Doğal Kaynakların Bilinçsizce Tüketilmesinin Etkileri

Çevrenizdeki doğal kaynaklara örnek veriniz. Bu kaynakların bilinçsizce tüketilmesi yaşantımızı nasıl etkiler?

Doğal kaynakların bilinçsizce tüketilmesine karşı neler yapılabilir? Hayatımızın bir çok aşamasında doğal kaynaklardan faydalanırız. Doğal kaynaklar su, hava, bitki örtüsü, toprak, hayvanlar ve madenlerdir. Bu doğal kaynaklar insanlar tarafından bitmeyecekmiş gibi görünür, ama insanların bilinçsizce kullanmaları sebebiyle hızla azalmakta bir çoğu bitme tehlikesi göstermektedirler. Bizim görevimiz onları bilinçsizce kullanıp onları yok etmek değil, bilinçli ihtiyacımız kadar kullanıp onlardan faydalanmaktır.

Doğal kaynakların bilinçsizce tüketilmesinin insan yaşamına etkileri neler olabilir?

İnsanlar, hayvanlar ve bitkiler hayatları için gerekli oksijeni hava ile kullanırlar. İnsanların çeşitli şekillerde, fabrika bacaları, araba egzoz hazları ile bu havayı kirletirler. Bu hava kirliliği ile zehirli atıklar yağmur suları ile akarsularına ve toprağa karışmaktadır. Toprakta bulunan ve suda yaşayan canlılar bu durum olumsuz etkilemekte, canlı türlerinin azalmasına ve yok olmasına sebep olmaktadır. Doğadaki canlı türlerinin zenginliği sağlıklı bir çevre ile mümkün olabilmektedir.

doğal kaynakların tüketilmesi

Su, canlıların hayatlarını sürdürebilmeleri için en önemli doğal kaynaklardandır. Canlıların vücutlarının önemli bir kısmını su oluşturduğu gibi, yeryüzünün 3/4’ünü de su oluşturmaktadır. İnsanlar kendi vücutlarının ihtiyacı olarak tüketmeleri yanında bir çok alanda (temizlik, elektrik üretimi, bahçe tarla sulama) sudan faydalanır.

Suyun içinde yaşayan canlılar içinde su yaşam ortamı sağlamaktadır. Suda yaşayan canlılarda insanların beslenmesi için önemli bir yer tutar. İnsanların göl, akarsu ve denizlere bıraktığı kirli atık suları ve atık maddeler suda yaşayan canlıların azalmasına ve yok olmasına sebep olmaktadır.

Denizlerin kirlenmesi sebebiyle turizm olanakları da kaybolmaktadır.
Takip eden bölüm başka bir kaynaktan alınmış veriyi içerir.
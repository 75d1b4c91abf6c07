-- ===== src/Keychain/Windows/Writing.antt =====
-- store/keychain/keychain_windows.go: what `Save` writes, and that the reading functions find it.
use secrets_engine.Keychain.Metadata.{Attributes}
use secrets_engine.Keychain.Windows.{
  Credential, KeychainStore, max_blob_size, item_label, item_chunk_label, chunk_count_key,
  chunk_index_key, map_from_windows_attributes, map_to_windows_attributes,
}
use secrets_engine.Keychain.Windows.AttributeLists.{map_from-map_to}
use secrets_engine.Keychain.Windows.Chunks.{
  chunk_blob, chunk_blob_lem, length-chunk_blob, concat, FullChunks,
}
use secrets_engine.Keychain.Windows.Manager.{
  IsManager, IsText, IsLabel, IsWithinLimits, chunk-IsTargetName, primary_name, chunk_name,
  chunk_name_inj, primary_name-ne-chunk_name,
}
use secrets_engine.Keychain.Windows.Store.{
  read_loop, read_chunks, raw_blob, chunk_credential, primary_credential, write_chunks,
  write_secret,
}
use secrets_engine.Maps.{Map, put, IsKeys}
use secrets_engine.Prelude.{
  ℕ, suc, ◌+◌, ◌≤◌, ◌≡◌, refl, sym, ap, ◌∙◌, ◌≢◌, true, false, List, [], ◌∷◌, ◌++◌, some, none, ok,
  arith, if◌then◌else◌, ltb, length, All, inl, inr, Bool-cases,
}
use mathlib.Core.List.{append-nil, append_assoc}
use secrets_engine.Secrets.Identifier.{SecretId}
use secrets_engine.Text.{Bytes, equal, equal_refl, equal_ne}
use secrets_engine.Text.Utf8.{ascii-IsUtf8}
use secrets_engine.Text.Decimal.{itoa, atoi-itoa, length-itoa}

abbrev Small : List Bytes → Type 0
Small = All (λ c. length c ≤ max_blob_size)

FullChunks-Small : (cs : List Bytes) → FullChunks max_blob_size cs → Small cs
FullChunks-Small [] h = tt
FullChunks-Small (c ∷ []) h = (h.1, tt)
FullChunks-Small (c ∷ d ∷ cs) h = (omega arith, FullChunks-Small (d ∷ cs) h.1)

-- The attributes of the primary credential: with the number of the chunks, if there are any.
abbrev pub counted : Bytes → Attributes → Attributes
counted blob attributes =
    if ltb max_blob_size (length blob)
    then put chunk_count_key (itoa (length (chunk_blob blob max_blob_size))) attributes
    else attributes

module _ {S : Type 0} (k : KeychainStore S) (fold : Bytes → Bytes) (i : SecretId) where
  -- The state has a primary credential with these attributes, and the blob is read from it.
  abbrev pub Holds : (S → Map Credential) → S → Bytes → List Bytes → Attributes → Type 0
  Holds view s blob keys attributes =
      (gc : Credential) × (view s (primary_name k fold i) ≡ some gc)
      × (gc.attributes ≡ map_to_windows_attributes keys attributes)
      × (raw_blob k i gc s ≡ ok blob)

  -- The chunks stand under their names, from an index on.
  abbrev pub StoresChunks : Map Credential → ℕ → List Bytes → Type 0
  StoresChunks m index [] = Unit
  StoresChunks m index (c ∷ cs) =
      (m (chunk_name k fold i index) ≡ some (chunk_credential k i index c))
      × StoresChunks m (suc index) cs

  StoresChunks-frame :
      (m m' : Map Credential) (index : ℕ) (cs : List Bytes)
      → ((n : ℕ) → m' (chunk_name k fold i n) ≡ m (chunk_name k fold i n))
      → StoresChunks m index cs
      → StoresChunks m' index cs
  StoresChunks-frame m m' index [] e h = tt
  StoresChunks-frame m m' index (c ∷ cs) e h =
      (e index ∙ h.0, StoresChunks-frame m m' (suc index) cs e h.1)

module _ {S : Type 0} (k : KeychainStore S) (i : SecretId) (label : IsLabel (item_label k i))
    (user : IsText 513 i) where
  -- The credential of a chunk is within the limits.
  chunk_credential-IsWithinLimits :
      (index : ℕ) (c : Bytes)
      → index ≤ 9223372036854775807
      → IsWithinLimits (chunk_credential k i index c)
  unfolding map_to_windows_attributes equal
  chunk_credential-IsWithinLimits index c b = (
    chunk-IsTargetName k i index label b,
    user,
    omega arith,
    (
      (
        omega arith,
        (omega arith, ascii-IsUtf8 chunk_index_key (ground arith)),
        omega (arith, length-itoa index b),
      ),
      tt,
    ),
  )

module _ {S : Type 0} (k : KeychainStore S) (fold : Bytes → Bytes) (view : S → Map Credential)
    (IsHealthy : S → Type 0) (manager : IsManager k.wincred fold view IsHealthy) (i : SecretId)
    (label : IsLabel (item_label k i)) where
  write_chunks_lem :
      (index : ℕ) (cs : List Bytes) (s : S)
      → IsText 513 i
      → index + length cs ≤ 9223372036854775807
      → IsHealthy s
      → Small cs
      → (s' : S) × (write_chunks k i index cs s ≡ (ok tt, s'))
        × IsHealthy s'
        × StoresChunks k fold i (view s') index cs
        × ((j : Bytes) → ((n : ℕ) → index ≤ n → j ≢ chunk_name k fold i n) → view s' j ≡ view s j)
  unfolding write_chunks
  write_chunks_lem index [] s u r h b = (s, refl, h, tt, λ j a. refl)
  write_chunks_lem index (c ∷ cs) s u r h b =
      let w =
        manager.write_view (chunk_credential k i index c) s h b.0
          (chunk_credential-IsWithinLimits k i label u index c (omega arith)) in
      let s1 = (k.wincred.write_credential (chunk_credential k i index c) s).1 in
      let ih = write_chunks_lem (suc index) cs s1 u (omega arith) w.1 b.1 in
      (
        ih.0,
        rw (write_chunks, w.0) ih.1,
        ih.2,
        (
          ih.4 (chunk_name k fold i index)
                (λ n l e. omega (arith, chunk_name_inj k fold manager.folds i index n e))
              ∙ w.2 (chunk_name k fold i index)
              ∙ rw (equal_refl (chunk_name k fold i index)),
          ih.3,
        ),
        λ j a.
            ih.4 j (λ n l. a n (omega arith))
            ∙ w.2 j
            ∙ rw (equal_ne (chunk_name k fold i index) j (λ e. a index (omega arith) (sym e))),
      )

  read_loop_lem :
      (index : ℕ) (cs : List Bytes) (blob : Bytes) (s : S)
      → index + length cs ≤ 9223372036854775807
      → IsHealthy s
      → StoresChunks k fold i (view s) index cs
      → read_loop k i (length cs) index blob s ≡ ok (blob ++ concat cs)
  unfolding read_loop
  read_loop_lem index [] blob s b h c = rw append-nil
  read_loop_lem index (x ∷ cs) blob s b h c =
      rw
        (
          read_loop,
          manager.get_view (item_chunk_label k i index) s h
              (chunk-IsTargetName k i index label (omega arith)),
          c.0,
        )
        (read_loop_lem (suc index) cs (blob ++ x) s (omega arith) h c.1 ∙ rw append_assoc)

  raw_blob_chunked :
      (gc : Credential) (cs : List Bytes) (s : S)
      → map_from_windows_attributes gc.attributes chunk_count_key ≡ some (itoa (length cs))
      → length cs ≤ 9223372036854775807
      → IsHealthy s
      → StoresChunks k fold i (view s) 0 cs
      → raw_blob k i gc s ≡ ok (concat cs)
  unfolding raw_blob read_chunks
  raw_blob_chunked gc cs s e b h c =
      rw (raw_blob, e, atoi-itoa (length cs) b, read_chunks)
        (read_loop_lem 0 cs [] s (omega arith) h c)

  raw_blob_single :
      (gc : Credential) (s : S)
      → map_from_windows_attributes gc.attributes chunk_count_key ≡ none
      → raw_blob k i gc s ≡ ok gc.credential_blob
  unfolding raw_blob
  raw_blob_single gc s e = rw (raw_blob, e) refl

  write_large :
      (blob : Bytes) (keys : List Bytes) (m : Attributes) (s : S)
      → IsHealthy s
      → IsWithinLimits (
          primary_credential k i [] keys
            (put chunk_count_key (itoa (length (chunk_blob blob max_blob_size))) m))
      → IsKeys (put chunk_count_key (itoa (length (chunk_blob blob max_blob_size))) m) keys
      → length blob ≤ 9223372036854775807
      → ltb max_blob_size (length blob) ≡ true
      → (s' : S) × (write_secret k i blob keys m s ≡ (ok tt, s'))
        × IsHealthy s'
        × Holds k fold i view s' blob keys
            (put chunk_count_key (itoa (length (chunk_blob blob max_blob_size))) m)
  unfolding write_secret
  write_large blob keys m s h fits v b t =
      let cs = chunk_blob blob max_blob_size in
      let m' = put chunk_count_key (itoa (length cs)) m in
      let cut = chunk_blob_lem blob max_blob_size (omega arith) in
      let w =
        write_chunks_lem 0 cs s fits.1 (omega (arith, length-chunk_blob blob max_blob_size)) h
          (FullChunks-Small cs cut.1) in
      let g = primary_credential k i [] keys m' in
      let p = manager.write_view g w.0 w.2 (omega arith) fits in
      let s' = (k.wincred.write_credential g w.0).1 in
      let kept =
        StoresChunks-frame k fold i (view w.0) (view s') 0 cs
          (λ n.
            p.2 (chunk_name k fold i n)
            ∙ rw (
                equal_ne (primary_name k fold i) (chunk_name k fold i n)
                  (primary_name-ne-chunk_name k fold manager.folds i n)))
          w.3 in
      let count = map_from-map_to keys m' v chunk_count_key ∙ rw (equal_refl chunk_count_key) in
      (
        s',
        rw (write_secret, t, w.1, p.0) refl,
        p.1,
        (
          g,
          p.2 (primary_name k fold i) ∙ rw (equal_refl (primary_name k fold i)),
          refl,
          raw_blob_chunked g cs s' count (omega (arith, length-chunk_blob blob max_blob_size)) p.1
                kept
              ∙ ap ok cut.0,
        ),
      )

  write_small :
      (blob : Bytes) (keys : List Bytes) (m : Attributes) (s : S)
      → IsHealthy s
      → IsWithinLimits (primary_credential k i [] keys (m))
      → IsKeys m keys
      → m chunk_count_key ≡ none
      → ltb max_blob_size (length blob) ≡ false
      → (s' : S) × (write_secret k i blob keys m s ≡ (ok tt, s'))
        × IsHealthy s'
        × Holds k fold i view s' blob keys m
  unfolding write_secret
  write_small blob keys m s h fits v z t =
      let g = primary_credential k i blob keys m in
      let p = manager.write_view g s h (ground arith) fits in
      let s' = (k.wincred.write_credential g s).1 in
      (
        s',
        rw (write_secret, t, p.0) refl,
        p.1,
        (
          g,
          p.2 (primary_name k fold i) ∙ rw (equal_refl (primary_name k fold i)),
          refl,
          raw_blob_single g s' (map_from-map_to keys m v chunk_count_key ∙ z),
        ),
      )

  -- The second half of `Save` writes a credential from which the blob is read, chunked or not.
  pub write_secret_lem :
      (blob : Bytes) (keys : List Bytes) (m : Attributes) (s : S)
      → IsHealthy s
      → IsWithinLimits (primary_credential k i [] keys (counted blob m))
      → IsKeys (counted blob m) keys
      → m chunk_count_key ≡ none
      → length blob ≤ 9223372036854775807
      → (s' : S) × (write_secret k i blob keys m s ≡ (ok tt, s'))
        × IsHealthy s'
        × Holds k fold i view s' blob keys (counted blob m)
  write_secret_lem blob keys m s h fits v z b =
      elim (Bool-cases (ltb max_blob_size (length blob))) [
        | inl t ↦ rw t (write_large blob keys m s h (rw t at fits) (rw t at v) b t)
        | inr t ↦ rw t (write_small blob keys m s h (rw t at fits) (rw t at v) z t)
      ]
Haliç, ve İzmit körfezinin kirliliği sebebiyle turizm olanakları kaybolduğu gibi orada yaşayan canlı sayısı yok denecek kadar azalmıştır. Sanayinin durumu da su kirlenmesinde etkilidir.

Bunlardan, gelecek kuşakların da yararlanmasını sağlamak için onları korumalıyız. Nüfus artışına paralel olarak giderek artan bir biçimde kullanılan bu kaynaklar korunmadığı takdirde zamanla tükenme noktasına gelir. Bu durum, doğa için bir felaket oluşturur. Yaşamın doğal kaynağı olan toprağa bırakılan zararlı katı ve sıvı atıklar, zamanla toprağın özelliğini kaybetmesine neden olur. Verimliliğini yitiren toprak, üzerinde yaşayanları besleyemez duruma gelir. Bitki örtüsünden yoksun kalan toprak, sularla taşınarak gölleri doldurur ve oradaki canlıların yok olmasına neden olur. Doğal kaynaklarımızdan olan yer altı zenginlikleri (madenler) de insanlar tarafından bilinçsizce tüketilmesi sayesinde her geçen gün azalmaktadır.

Madenlerden; sanayi alanında, enerji elde etmede ve başka alanlarda yararlanmaktayız. Yapılan araştırmalara göre çok önemli birer enerji kaynağı olan petrol, kömür ve doğal gaz, yeni yataklar bulunmazsa, aşırı kullanılmaları nedeniyle çok kısa bir zaman sonra tükenecekleri belirtilmektedir. Bu bakımdan gerek enerji kaynaklarımızı, gerekse diğer yer altı kaynaklarımızı bilinçli kullanarak onlardan daha uzun bir süre yararlanmayı sağlamalıyız. Şu halde yaşamımız için vazgeçilmez birer kaynak olan doğal kaynaklarımızı bilinçli kullanmak, en başta gelen görevlerimiz içerisinde olmalıdır.Günlük yaşantımızda, okulda ve evde bilinçli birer tüketici olmak durumundayız. Su, elektrik, yakıt ve besin maddelerini israfa kaçmadan gerektiği kadar kullanmalıyız.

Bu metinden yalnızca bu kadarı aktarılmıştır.